2nd.  I used Intel Rapid storage technology create the RAID 0 partition.




My 60GB have the most current factory firmware which is 1.25.


OCZ currently has a similar firmware of 1.24 for updating:

http://www.ocztechnology.com/ssd_tools/OCZ_Vertex_2,_Vertex_LE,_Agility_2/


Be sure to have the latest RST (rapid storage technology) driver.  

http://downloadcenter.intel.com/Sea...tel®+RST)&ProdId=2101&LineId=1090&FamilyId=40


I'm running DFI Intel X58 JR MB and everything that I have shared has worked out for my Vertex 2 RAID 0 set up.


----------



## chuchnit (Dec 12, 2010)

Get them drives on the ICH10 ports and far far away from that Marvell controller. That will solve your issues.


----------



## fusionblu (Dec 12, 2010)

I have made progress, switched the ports around, but I had to do a format again as my last Raid set up was lost as it was done on Marvel RAID controller instead of the Intel one.

More to the point I have made progress and here are my results:





My only remaining issue now is getting the firmware on as there seems to be a problem with that at the moment and from the image SSDs don't show at all which might be another problem (it only shows my storage HDD now). I did manage to see the firmware version on post which has showed me the version is 1.23 so that needs to be updated.


----------



## SonDa5 (Dec 13, 2010)

That looks more like what it should be. 


Is that doing the random data test or the zeros?


----------



## Mussels (Dec 13, 2010)

chuchnit said:


> Get them drives on the ICH10 ports and far far away from that Marvell controller. That will solve your issues.



exactly what i was going to say.


as for the firmware update, you'll need the drives to not be in a RAID array to do that. try using another PC, may be easier.


----------



## Wrigleyvillain (Dec 13, 2010)

Why did you use the Marvell before anyway?


----------



## Mussels (Dec 13, 2010)

Wrigleyvillain said:


> Why did you use the Marvell before anyway?

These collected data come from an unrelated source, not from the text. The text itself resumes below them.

-- ===== src/Contract/Demo.antt =====
-- A small world for the tests: two shops, a ration card, a grievance and two entitlement rules.
use toomoki_cdac_pds.Contract.Control.{TransferPayload}
use toomoki_cdac_pds.Ledger.Cards.{IssueInput}
use toomoki_cdac_pds.Ledger.Grievances.{FileInput}
use toomoki_cdac_pds.Ledger.Demo.{demo_stakeholder, demo_dates}
use toomoki_cdac_pds.Contract.Json.{Fields, Json}
use toomoki_cdac_pds.SharedTypes.{
  StakeholderType, GrievanceStatus, RationCardStatus, EntitlementRule, GrievanceType,
  RationCardType, EntitlementRuleStatus, Grievance, RationCard,
}
use toomoki_cdac_pds.Contract.Stub.{transaction_runtime, LedgerProof, World, Stub}
use toomoki_cdac_pds.Contract.Authorization.{shop, department, auditor}
use toomoki_cdac_pds.Prelude.{String, List, [], ◌∷◌, true, none, some}
use toomoki_cdac_pds.Prelude.Int.{pos}
use Prim.Native.String.{◌++◌ as append}
use toomoki_cdac_pds.Ledger.State.{empty_ledger, PdsLedger}

-- The attributes of a key with a bar between them.
abbrev pub demo_key : List String → String
demo_key [] = ""
demo_key (a ∷ []) = a
demo_key (a ∷ b ∷ rest) = append a (append "|" (demo_key (b ∷ rest)))

-- Every text has the same digest.
abbrev pub demo_digest : String
demo_digest = "0123456789abcdef0123456789abcdef0123456789abcdef0123456789abcdef"

-- A client of an MSP.
abbrev pub demo_stub : String → Stub
demo_stub msp_id = record {
  composite_key = demo_key;
  split_composite_key = λ k. k ∷ [];
  key_le = λ a b. true;
  tx_id = "tx-1";
  seconds = 1782864000;
  msp_id = msp_id;
  dates = demo_dates;
  locale_le = λ a b. true;
  random_suffix = "abcd";
  texts = record { quote = λ s. append "\"" (append s "\""); to_lower_case = λ s. s };
  sha256_hex = λ _. demo_digest;
}

abbrev pub empty_world : World
empty_world = record {
  stakeholders = [];
  lots = [];
  transfers = [];
  allocations = [];
  entitlements = [];
  auth_transactions = [];
  distributions = [];
  alerts = [];
  events = [];
  stock = [];
  ration_cards = [];
  grievances = [];
  entitlement_rules = [];
  proofs = [];
}

abbrev pub demo_card : RationCard
demo_card = record {
  ration_card_hash = "card-hash-1";
  card_type = RationCardType.phh;
  assigned_fps_id = "FPS-101";
  issued_at = "2026-06-01T00:00:00.000Z";
  status = RationCardStatus.active;
  suspended_at = none;
  suspend_reason = none;
  cancelled_at = none;
  transfer_history = [];
}

abbrev pub demo_grievance : Grievance
demo_grievance = record {
  grievance_id = "GRV-1";
  ration_card_hash = "card-hash-1";
  fps_id = "FPS-101";
  grievance_type = GrievanceType.quantity_short;
  description = "Two kilograms short";
  status = GrievanceStatus.open_;
  filed_at = "2026-06-01T00:00:00.000Z";
  sla_deadline_at = "2026-06-08T00:00:00.000Z";
  acknowledged_at = none;
  escalated_at = none;
  resolved_at = none;
  resolved_by = none;
  resolution_note = none;
}

abbrev pub demo_rule : String → EntitlementRuleStatus → EntitlementRule
demo_rule id status = record {
  rule_id = id;
  category = RationCardType.phh;
  commodity = "Rice";
  monthly_kg = pos 25;
  effective_from = "2026-07";
  effective_to = none;
  proposed_by = "FoodAndCivilSuppliesMSP";
  approved_by = none;
  status = status;
}

abbrev pub demo_world : World
demo_world = record empty_world {
  stakeholders =
      ("FPS-101", demo_stakeholder "FPS-101" StakeholderType.fair_price_shop)
      ∷ ("FPS-102", demo_stakeholder "FPS-102" StakeholderType.fair_price_shop)
      ∷ [];
  ration_cards = ("card-hash-1", demo_card) ∷ [];
  grievances = ("GRV-1", demo_grievance) ∷ [];
  entitlement_rules =
      ("RULE-1", demo_rule "RULE-1" EntitlementRuleStatus.active)
      ∷ ("RULE-2", demo_rule "RULE-2" EntitlementRuleStatus.pending_approval)
      ∷ [];
}

-- The ledger that holds what the world holds, at the start of a transaction.
abbrev pub demo_mirror : Stub → PdsLedger
demo_mirror stub = record (empty_ledger (transaction_runtime stub)) {
  stakeholders = demo_world.stakeholders;
  ration_cards = demo_world.ration_cards;
  grievances = demo_world.grievances;
  entitlement_rules = demo_world.entitlement_rules;
}

-- `{ "lotId": "LOT-1", "quantityKg": 400 }` and the same with its fields swapped.
abbrev pub demo_payload : Json
demo_payload = Json.obj (
    Fields.field "lotId" (Json.text "LOT-1")
      (Fields.field "quantityKg" (Json.num (pos 400)) Fields.end))

abbrev pub swapped_payload : Json
swapped_payload = Json.obj (
    Fields.field "quantityKg" (Json.num (pos 400))
      (Fields.field "lotId" (Json.text "LOT-1") Fields.end))

abbrev pub demo_proof : LedgerProof
demo_proof = record {
  event_id = "EV-1";
  operation_id = "OP-1";
  event_type = "DispatchLot";
  schema_version = pos 1;
  entity_type = "lot";
  entity_id = "LOT-1";
  actor = record {
    subject = "clerk";
    application_role = "warehouse";
    submitting_organization = "GodownWarehouseMSP";
  };
  payload_hash = demo_digest;
  proof_payload = demo_payload;
  business_timestamp = "2026-07-01T00:00:00.000Z";
}

abbrev pub shop_stub : Stub
shop_stub = demo_stub shop

abbrev pub department_stub : Stub
department_stub = demo_stub department

abbrev pub auditor_stub : Stub
auditor_stub = demo_stub auditor

abbrev pub new_complaint : FileInput
new_complaint = record {
  grievance_id = "GRV-2";
  ration_card_hash = "card-hash-1";
  fps_id = "FPS-101";
  grievance_type = GrievanceType.quantity_short;
  description = "One kilogram short";
  filed_at = none;
}

abbrev pub new_card : IssueInput
new_card = record {
  ration_card_hash = "card-hash-2";
  card_type = RationCardType.phh;
  assigned_fps_id = "FPS-101";
  issued_at = none;
}

abbrev pub move : TransferPayload
move = record {
  input = record {
    ration_card_hash = "card-hash-1";
    to_fps_id = "FPS-102";
    authorized_by = "OFFICER-1";
    transferred_at = none;
  };
  new_fps_id = some "FPS-102";
}
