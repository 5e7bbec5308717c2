-- ===== src/Contract/Json/Canonical.antt =====
-- The canonical text of a value does not depend on the order in which its fields were written.
use toomoki_cdac_pds.Contract.Json.{
  canonical_fields, canonical_items, Fields, canonical_json, Items, Entry, Texts, Json, place,
}
use toomoki_cdac_pds.Prelude.{String, List, [], ◌∷◌, ◌≡◌, refl, ◌∙◌, false, ◌&&◌, arith}
use toomoki_cdac_pds.TextOrder.{text_le, text_le_total, text_le_trans}

-- Two different keys: neither stands at the other's place.
abbrev pub AreApart : String → String → Type 0
AreApart k j = text_le k j && text_le j k ≡ false

place_comm :
    (d e : Entry) (es : List Entry) → AreApart d.0 e.0 → place d (place e es) ≡ place e (place d es)
unfolding place
place_comm d e [] h = ground (arith, text_le_total d.0 e.0)
place_comm d e (f ∷ fs) h = ground (
  arith,
  text_le_total d.0 e.0,
  text_le_trans d.0 e.0 f.0,
  text_le_trans e.0 d.0 f.0,
  place_comm d e fs h,
)

-- The same value with the fields of its objects in another order, at any depth.
mutual
  pub data SameJson : Json → Json → Type 0 where
    same : (v : Json) → SameJson v v
    arr : {xs ys : Items} → SameItems xs ys → SameJson (Json.arr xs) (Json.arr ys)
    obj : {fs gs : Fields} → Reordered fs gs → SameJson (Json.obj fs) (Json.obj gs)

  pub data SameItems : Items → Items → Type 0 where
    nil : SameItems Items.nil Items.nil
    cons :
        {x y : Json} {xs ys : Items}
        → SameJson x y
        → SameItems xs ys
        → SameItems (Items.cons x xs) (Items.cons y ys)

  pub data Reordered : Fields → Fields → Type 0 where
    done : Reordered Fields.end Fields.end
    keep :
        {v u : Json} {fs gs : Fields} (k : String)
        → SameJson v u
        → Reordered fs gs
        → Reordered (Fields.field k v fs) (Fields.field k u gs)
    swap :
        (k j : String) (v u : Json) (fs : Fields)
        → AreApart k j
        → Reordered
            (Fields.field k v (Fields.field j u fs))
            (Fields.field j u (Fields.field k v fs))
    chain : {fs gs hs : Fields} → Reordered fs gs → Reordered gs hs → Reordered fs hs

module _ (t : Texts) where
  mutual
    unfolding canonical_json

    same_text : {v u : Json} → SameJson v u → canonical_json t v ≡ canonical_json t u
    same_text (SameJson.same v) = refl
    same_text (SameJson.arr h) = rw (same_items h) refl
    same_text (SameJson.obj h) = rw (same_fields h) refl

    same_items : {xs ys : Items} → SameItems xs ys → canonical_items t xs ≡ canonical_items t ys
    same_items SameItems.nil = refl
    same_items (SameItems.cons h rest) = rw (same_text h, same_items rest) refl

    same_fields : {fs gs : Fields} → Reordered fs gs → canonical_fields t fs ≡ canonical_fields t gs
    same_fields Reordered.done = refl
    same_fields (Reordered.keep k h rest) = rw (same_text h, same_fields rest) refl
    same_fields (Reordered.swap k j v u fs apart) = place_comm _ _ (canonical_fields t fs) apart
    same_fields (Reordered.chain h rest) = same_fields h ∙ same_fields rest

  -- Values that differ only in the order of fields with different keys, at any depth, have the same
  -- canonical text.
  pub canonical_json-reordered :
      (v u : Json) → SameJson v u → canonical_json t v ≡ canonical_json t u
  canonical_json-reordered v u h = same_text h
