-- ===== src/Contract/ProofStore.antt =====
-- What `RecordLedgerProof` keeps of the proofs that are stored.
pub mod Sound
use toomoki_cdac_pds.Contract.Collections.{id_key}
use toomoki_cdac_pds.Contract.Authorization.{operation_msp_allowlist, admits, authorized}
use toomoki_cdac_pds.Contract.Proofs.{
  guarded, proof_refusal, canonical_proof, record_ledger_proof_transaction, store_proof,
}
use toomoki_cdac_pds.Contract.Stub.{
  IfCommitted, world_after, Operation, StoredLedgerProof, LedgerProof, Stub, World, Outcome,
}
use toomoki_cdac_pds.Prelude.{
  eq_iff, eq_refl, is_some, str_eq, String, ◌≡◌, refl, sym, ap, ◌∙◌, some, none, inl, inr, true,
  false, Bool-cases, Option-cases,
}
use toomoki_cdac_pds.StringMap.{get, set, get-set}
use mathlib.Core.Bool.{true≢false}

module _ (stub : Stub) (p : LedgerProof) where
  store-stays :
      (w : World) (k : String) (stored : StoredLedgerProof)
      → get w.proofs k ≡ some stored
      → get (world_after (store_proof stub p (get w.proofs (id_key stub p.event_id)) w) w).proofs k
        ≡ some stored
  unfolding store_proof
  store-stays w k stored there = elim (Option-cases (get w.proofs (id_key stub p.event_id))) [
    | inr (old, e) ↦
        rw (e, store_proof)
          (elim (Bool-cases (str_eq (canonical_proof stub old.proof) (canonical_proof stub p))) [
            | inl same ↦ rw same there
            | inr other ↦ rw other there
          ])
    | inl fresh ↦
        rw (fresh, store_proof)
          (elim (Bool-cases (str_eq (id_key stub p.event_id) k)) [
            | inr apart ↦
                rw
                  (
                    get-set w.proofs (id_key stub p.event_id) k
                        (record { proof = p; fabric_tx_id = stub.tx_id }),
                    apart,
                  )
                  there
            | inl hit ↦ absurd (
                true≢false (
                  ap is_some (
                    sym there
                    ∙ sym (ap (get w.proofs) ((eq_iff (id_key stub p.event_id) k).0 hit))
                    ∙ fresh)))
          ])
  ]

  -- A proof that is stored under a key stays as it is, whatever is submitted later.
  pub record_ledger_proof_transaction-keeps_proofs :
      (w : World) (k : String) (stored : StoredLedgerProof)
      → get w.proofs k ≡ some stored
      → get (world_after (record_ledger_proof_transaction stub p w) w).proofs k ≡ some stored
  unfolding record_ledger_proof_transaction authorized
  record_ledger_proof_transaction-keeps_proofs w k stored there =
      elim (Bool-cases
        (admits (operation_msp_allowlist Operation.record_ledger_proof) stub.msp_id)) [
          | inr denied ↦ rw denied there
          | inl admitted ↦ rw admitted (elim (Option-cases (proof_refusal stub p)) [
            | inr (r, e) ↦ rw (e, guarded) there
            | inl passed ↦ rw (passed, guarded) (store-stays w k stored there)
          ])
        ]

  again-duplicate :
      (w : World) (tx_id : String)
      → IfCommitted
          (λ receipt w'.
            store_proof
              (record stub { tx_id = tx_id })
              p
              (get w'.proofs (id_key stub p.event_id))
              w'
            ≡ Outcome.committed
                (record {
                  event_id = p.event_id;
                  fabric_tx_id = receipt.fabric_tx_id;
                  duplicate = true;
                })
                w')
          (store_proof stub p (get w.proofs (id_key stub p.event_id)) w)
  unfolding store_proof
  again-duplicate w tx_id = elim (Option-cases (get w.proofs (id_key stub p.event_id))) [
    | inr (old, e) ↦
        rw (e, store_proof)
          (elim (Bool-cases (str_eq (canonical_proof stub old.proof) (canonical_proof stub p))) [
            | inl same ↦ rw (same, e, store_proof) (rw same refl)
            | inr other ↦ rw other tt
          ])
    | inl fresh ↦
        rw (fresh, store_proof)
          (rw
            (
              get-set w.proofs (id_key stub p.event_id) (id_key stub p.event_id)
                  (record { proof = p; fabric_tx_id = stub.tx_id }),
              eq_refl (id_key stub p.event_id),
            )
            (rw (eq_refl (canonical_proof stub p)) refl))
  ]

  -- A proof that was accepted and is submitted again by the same client in the world right after,
  -- in a transaction of any id, is a duplicate: it changes nothing and gives back the transaction that stored the proof.
  pub record_ledger_proof_transaction-again :
      (w : World) (tx_id : String)
      → IfCommitted
          (λ receipt w'.
            record_ledger_proof_transaction (record stub { tx_id = tx_id }) p w'
            ≡ Outcome.committed
                (record {
                  event_id = p.event_id;
                  fabric_tx_id = receipt.fabric_tx_id;
                  duplicate = true;
                })
                w')
          (record_ledger_proof_transaction stub p w)
  unfolding record_ledger_proof_transaction authorized proof_refusal
  record_ledger_proof_transaction-again w tx_id =
      elim (Bool-cases
        (admits (operation_msp_allowlist Operation.record_ledger_proof) stub.msp_id)) [
          | inr denied ↦ rw denied tt
          | inl admitted ↦ rw (admitted) (elim (Option-cases (proof_refusal stub p)) [
            | inr (r, e) ↦ rw (e, guarded) tt
            | inl passed ↦ rw (passed, guarded) (again-duplicate w tx_id)
          ])
        ]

probably the same logic i fell for some time ago 'well, if i use these two standalone ports for RAID, i can leave the rest AHCI so it doesnt screw with my other drives'


my samsung blu ray drive only works on AHCI and IDE mode controllers, for example.


----------



## fusionblu (Dec 13, 2010)

SonDa5 said:


> That looks more like what it should be.
> 
> 
> Is that doing the random data test or the zeros?



Just the standard benchmark test on CrystalDiskMark (which would be on the same settings if you have just installed it), I prefer not to mess around with settings too much.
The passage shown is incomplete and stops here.